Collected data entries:
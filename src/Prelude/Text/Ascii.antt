-- ===== src/Prelude/Text/Ascii.antt =====
-- Printable ASCII through the text functions: what the decoder of UTF-8 leaves alone and
-- `split_whitespace` takes as one token.
use Prim.Native.Nat.{ℕ, ◌<◌}
use mathlib.Core.Path.{◌≡◌, refl}
use mathlib.Core.Bool.{true}
use mathlib.Core.List.{[], ◌∷◌, ◌++◌}
use mathlib.Core.Option.{some}
use native.Mathlib.Omega.{arith}
use mac_os_sstp_client.Prelude.Lists.{All}
use mac_os_sstp_client.Prelude.Octets.{Bytes}
use mac_os_sstp_client.Prelude.Text.{
  Str, from_utf8_lossy, lossy_from, decode_byte, lead, first_token, until_whitespace,
  eq_ignore_ascii_case,
}

-- A printable ASCII character.
abbrev pub IsPrint : ℕ → Type 0
IsPrint b = (32 < b) × (b < 127)

-- Any ASCII.
pub from_utf8_lossy_below :
    (s more : Bytes)
    → All (λ b. b < 128) s
    → from_utf8_lossy (s ++ more) ≡ s ++ from_utf8_lossy more
unfolding from_utf8_lossy lossy_from decode_byte lead
from_utf8_lossy_below [] more h = refl
from_utf8_lossy_below (x ∷ s) more (hx, h) = ground (arith, from_utf8_lossy_below s more h)

pub from_utf8_lossy-ascii :
    (s more : Bytes) → All IsPrint s → from_utf8_lossy (s ++ more) ≡ s ++ from_utf8_lossy more
unfolding from_utf8_lossy lossy_from decode_byte lead
from_utf8_lossy-ascii [] more h = refl
from_utf8_lossy-ascii (x ∷ s) more (hx, h) = ground (arith, from_utf8_lossy-ascii s more h)

-- Nothing, or something that starts with a space.
abbrev pub IsBreak : Bytes → Type 0
IsBreak [] = Unit {0}
IsBreak (b ∷ bs) = b ≡ 0x20

until_whitespace-token :
    (s more : Str) → All IsPrint s → until_whitespace more ≡ [] → until_whitespace (s ++ more) ≡ s
unfolding until_whitespace
until_whitespace-token [] more h hm = hm
until_whitespace-token (x ∷ s) more (hx, h) hm = ground (arith, until_whitespace-token s more h hm)

lossy-break : (bs : Bytes) → IsBreak bs → until_whitespace (from_utf8_lossy bs) ≡ []
unfolding until_whitespace from_utf8_lossy lossy_from decode_byte lead
lossy-break [] h = refl
lossy-break (b ∷ bs) h = ground arith

pub eq_ignore_ascii_case_refl : (s : Str) → eq_ignore_ascii_case s s ≡ true
unfolding eq_ignore_ascii_case
eq_ignore_ascii_case_refl [] = refl
eq_ignore_ascii_case_refl (x ∷ s) = ground (arith, eq_ignore_ascii_case_refl s)

pub token_accepted :
    (x : ℕ) (s : Str) (more : Bytes)
    → All IsPrint (x ∷ s)
    → IsBreak more
    → first_token (from_utf8_lossy ((x ∷ s) ++ more)) ≡ some (x ∷ s)
unfolding first_token
token_accepted x s more h hm =
    let (hx, hs) = h in
    rw (from_utf8_lossy-ascii (x ∷ s) more h)
      (ground (arith, until_whitespace-token s (from_utf8_lossy more) hs (lossy-break more hm)))
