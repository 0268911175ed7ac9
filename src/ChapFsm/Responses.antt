-- ===== src/ChapFsm/Responses.antt =====
-- `verify_success` of chap_fsm.rs on the text that an honest server sends.
use mac_os_sstp_client.Prelude.{
  ◌*◌, ◌≡◌, arith, [], ◌∷◌, ◌++◌, some, true, Bytes, AreBytes, All, length,
}
use mac_os_sstp_client.Prelude.Text.{Str, from_utf8_lossy, first_token}
use mac_os_sstp_client.Prelude.Text.Ascii.{
  IsPrint, IsBreak, token_accepted, eq_ignore_ascii_case_refl,
}
use mac_os_sstp_client.Prelude.Crypto.{Crypto}
use mac_os_sstp_client.Chap.{hex_upper, generate_authenticator_response}
use mac_os_sstp_client.ChapFsm.{PendingResponse, verify_success}

hex_upper-IsPrint : (bs : Bytes) → AreBytes bs → All IsPrint (hex_upper bs)
hex_upper-IsPrint [] h = tt
hex_upper-IsPrint (b ∷ bs) (hb, h) = ground (arith, hex_upper-IsPrint bs h)

genuine_token :
    (c : Crypto) (password : Str) (pending : PendingResponse) (auth_challenge : Bytes)
    (username : Str) (more : Bytes)
    → IsBreak more
    → let text =
        generate_authenticator_response c password pending.nt_response pending.peer_challenge
          auth_challenge username in
      first_token (from_utf8_lossy (text ++ more)) ≡ some text
unfolding generate_authenticator_response
genuine_token c password pending auth_challenge username more hm =
    token_accepted 0x53 (0x3D ∷ hex_upper (c.sha1 _)) more
      (
        (omega arith, omega arith),
        ((omega arith, omega arith), hex_upper-IsPrint (c.sha1 _) (c.bytes-sha1 _)),
      )
      hm

-- The Success text of a server that computed the authenticator response of the same exchange is
-- accepted, alone or before a space and any further text.
pub verify_success-genuine :
    (c : Crypto) (password username : Str) (pending : PendingResponse) (auth_challenge more : Bytes)
    → IsBreak more
    → let text =
        generate_authenticator_response c password pending.nt_response pending.peer_challenge
          auth_challenge username in
      verify_success c (text ++ more) password pending auth_challenge username ≡ true
unfolding verify_success
verify_success-genuine c password username pending auth_challenge more hm =
    let text : Str =
      generate_authenticator_response c password pending.nt_response pending.peer_challenge
        auth_challenge username in
    rw (genuine_token c password pending auth_challenge username more hm, verify_success)
      (eq_ignore_ascii_case_refl text)

length-hex_upper : (bs : Bytes) → length (hex_upper bs) ≡ 2 * length bs
length-hex_upper [] = omega arith
length-hex_upper (b ∷ bs) = omega (arith, length-hex_upper bs)

-- "S=" and two digits for each byte of the digest.
pub length-generate_authenticator_response :
    (c : Crypto) (password : Str) (nt_response peer_challenge auth_challenge : Bytes)
    (username : Str)
    → length (
        generate_authenticator_response c password nt_response peer_challenge auth_challenge
          username)
      ≡ 42
unfolding generate_authenticator_response
length-generate_authenticator_response c password nt_response peer_challenge auth_challenge
      username =
    omega (arith, length-hex_upper (c.sha1 _), c.length-sha1 _)
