-- ===== src/Cmac/Binding.antt =====
-- The CONNECTED message of cmac.rs as the server reads it.
use mac_os_sstp_client.Prelude.{
  ℕ, ◌+◌, ◌-◌, ◌≡◌, refl, sym, ap, ◌∙◌, arith, [], ◌∷◌, ◌++◌, append_assoc, append-nil, ◌≤◌, ◌<◌,
  length-replicate, length, take, drop, replicate, take-length, drop-length, length-append, Bytes,
  ok,
}
use mac_os_sstp_client.Prelude.Crypto.{Crypto}
use mac_os_sstp_client.Packet.{
  connected, crypto_bind, encode_ctrl, encode_attrs, msg_type_to_u16, attr_type_to_u8, decode, ctrl,
}
use mac_os_sstp_client.Packet.RoundTrip.{decode-encode_ctrl}
use mac_os_sstp_client.Cmac.{
  HashAlgo, sha1, sha256, digest_len_byte, wire_byte, attr_data, patch, hmac, compound_mac,
  build_connected_message,
}

-- The attribute with a MAC in its place, padded to 32 bytes.
abbrev pub bound_data : HashAlgo → Bytes → Bytes → Bytes → Bytes
bound_data algo nonce cert_hash32 mac =
    0 ∷ 0 ∷ 0 ∷ wire_byte algo ∷ nonce ++ (cert_hash32 ++ (mac ++ replicate (32 - length mac) 0))

length-compound_mac :
    (c : Crypto) (algo : HashAlgo) (send_key recv_key m : Bytes)
    → length (compound_mac c algo send_key recv_key m) ≡ digest_len_byte algo
unfolding compound_mac hmac
length-compound_mac c sha1 send_key recv_key m = c.length-hmac_sha1 _ m
length-compound_mac c sha256 send_key recv_key m = c.length-hmac_sha256 _ m

front :
    (nonce cert zeros : Bytes)
    → length nonce ≡ 32
    → length cert ≡ 32
    → take 64 (nonce ++ (cert ++ zeros)) ≡ nonce ++ cert
front nonce cert zeros hn hc =
    let n : 64 ≡ length (nonce ++ cert) = omega (arith, length-append nonce cert) in
    rw (n, ← append_assoc nonce cert zeros) (take-length (nonce ++ cert) zeros)

behind :
    (nonce cert z rest : Bytes) (n : ℕ)
    → n ≡ length (nonce ++ (cert ++ z))
    → drop n (nonce ++ (cert ++ (z ++ rest))) ≡ rest
behind nonce cert z rest n h =
    rw (h, ← append_assoc cert z rest, ← append_assoc nonce (cert ++ z) rest)
      (drop-length (nonce ++ (cert ++ z)) rest)

-- The message with an attribute of 100 bytes.
abbrev header : Bytes
header = 0x10 ∷ 1 ∷ 0 ∷ 112 ∷ 0 ∷ 4 ∷ 0 ∷ 1 ∷ 0 ∷ 3 ∷ 0 ∷ 104 ∷ []

message :
    (value : Bytes)
    → length value ≡ 100
    → encode_ctrl connected ((crypto_bind, value) ∷ []) ≡ header ++ value
unfolding encode_ctrl encode_attrs msg_type_to_u16 attr_type_to_u8
message value h =
    let n : length (value ++ []) ≡ 100 = ap (λ xs. length xs) (append-nil value) ∙ h in
    rw (append-nil value, h) refl

length-attr_data :
    (algo : HashAlgo) (nonce cert : Bytes)
    → length nonce ≡ 32
    → length cert ≡ 32
    → length (attr_data algo nonce cert) ≡ 100
length-attr_data algo nonce cert hn hc =
    omega (arith, length-append nonce (cert ++ replicate 32 0), length-append cert (replicate 32 0))

length-bound_data :
    (algo : HashAlgo) (nonce cert mac : Bytes)
    → length nonce ≡ 32
    → length cert ≡ 32
    → length mac ≤ 32
    → length (bound_data algo nonce cert mac) ≡ 100
length-bound_data algo nonce cert mac hn hc hm =
    let zeros : Bytes = replicate (32 - length mac) 0 in
    omega (
      arith,
      length-append nonce (cert ++ (mac ++ zeros)),
      length-append cert (mac ++ zeros),
      length-append mac zeros,
      length-replicate {A = ℕ} (32 - length mac) 0,
    )

patch_lem :
    (algo : HashAlgo) (nonce cert mac : Bytes) (k : ℕ)
    → length nonce ≡ 32
    → length cert ≡ 32
    → length mac ≡ k
    → drop (80 + k) (header ++ attr_data algo nonce cert) ≡ replicate (32 - k) 0
    → patch 80 mac (header ++ attr_data algo nonce cert) ≡ header ++ bound_data algo nonce cert mac
unfolding patch
patch_lem algo nonce cert mac k hn hc hm hd =
    rw (hm, hd, front nonce cert (replicate 32 0) hn hc)
      (rw (append_assoc nonce cert (mac ++ replicate (32 - k) 0)) refl)

dropped :
    (algo : HashAlgo) (nonce cert : Bytes)
    → length nonce ≡ 32
    → length cert ≡ 32
    → drop (80 + digest_len_byte algo) (header ++ attr_data algo nonce cert)
      ≡ replicate (32 - digest_len_byte algo) 0
dropped sha1 nonce cert hn hc =
    let z : Bytes = replicate 20 0 in
    behind nonce cert z (replicate 12 0) 84
      (omega (arith, length-append nonce (cert ++ z), length-append cert z))
dropped sha256 nonce cert hn hc =
    let z : Bytes = replicate 32 0 in
    behind nonce cert z [] 96 (omega (arith, length-append nonce (cert ++ z), length-append cert z))

digest_len_byte_le : (algo : HashAlgo) → digest_len_byte algo ≤ 32
digest_len_byte_le sha1 = omega arith
digest_len_byte_le sha256 = omega arith

-- The message that is sent carries the MAC of the blank one.
build_connected_message_lem :
    (c : Crypto) (algo : HashAlgo) (nonce cert send_key recv_key : Bytes)
    → length nonce ≡ 32
    → length cert ≡ 32
    → build_connected_message c algo nonce cert send_key recv_key
      ≡ header
        ++ bound_data algo nonce cert (
            compound_mac c algo send_key recv_key
              (encode_ctrl connected ((crypto_bind, attr_data algo nonce cert) ∷ [])))
unfolding build_connected_message
build_connected_message_lem c algo nonce cert send_key recv_key hn hc =
    let blank = encode_ctrl connected ((crypto_bind, attr_data algo nonce cert) ∷ []) in
    let mac = compound_mac c algo send_key recv_key blank in
    ap (patch 80 mac) (message (attr_data algo nonce cert) (length-attr_data algo nonce cert hn hc))
    ∙ patch_lem algo nonce cert mac (digest_len_byte algo) hn hc
        (length-compound_mac c algo send_key recv_key blank) (dropped algo nonce cert hn hc)

-- For a nonce and a certificate hash of 32 bytes, the CONNECTED message is decoded, by the decoder
-- of packet.rs, to one crypto-bind attribute with the hash algorithm, the nonce, the certificate's
-- hash and, padded with zeros to 32 bytes, the Compound MAC of the message that carries zeros in
-- the MAC's place.
pub decode-build_connected_message :
    (c : Crypto) (algo : HashAlgo) (nonce cert_hash32 send_key recv_key more : Bytes)
    → length nonce ≡ 32
    → length cert_hash32 ≡ 32
    → let blank = encode_ctrl connected ((crypto_bind, attr_data algo nonce cert_hash32) ∷ []) in
      let mac = compound_mac c algo send_key recv_key blank in
      decode (build_connected_message c algo nonce cert_hash32 send_key recv_key ++ more)
      ≡ ok (
          ctrl connected (
            record { attr_type = crypto_bind; value = bound_data algo nonce cert_hash32 mac } ∷ []))
unfolding build_connected_message
decode-build_connected_message c algo nonce cert_hash32 send_key recv_key more hn hc =
    let blank = encode_ctrl connected ((crypto_bind, attr_data algo nonce cert_hash32) ∷ []) in
    let mac = compound_mac c algo send_key recv_key blank in
    let value = bound_data algo nonce cert_hash32 mac in
    let hb : length value ≡ 100 = length-bound_data algo nonce cert_hash32 mac hn hc (
      omega (arith, length-compound_mac c algo send_key recv_key blank, digest_len_byte_le algo)) in
    let e : build_connected_message c algo nonce cert_hash32 send_key recv_key
        ≡ encode_ctrl connected ((crypto_bind, value) ∷ []) =
      build_connected_message_lem c algo nonce cert_hash32 send_key recv_key hn hc
      ∙ sym (message value hb) in
    let size : length (encode_ctrl connected ((crypto_bind, value) ∷ [])) < 65536 =
      omega (arith, ap (λ xs. length xs) (message value hb)) in
    rw e (decode-encode_ctrl connected ((crypto_bind, value) ∷ []) more tt (tt, tt) size)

PROBLEM REQUIREMENTS
If a line above holds the string "antt", copy it out.

SOLUTION
filename src/Prelude/Text/Ascii.antt
-- ===== src/Prelude/Text/Ascii.antt =====
filename src/ChapFsm/Responses.antt
-- ===== src/ChapFsm/Responses.antt =====
-- ===== src/Cmac/Binding.antt =====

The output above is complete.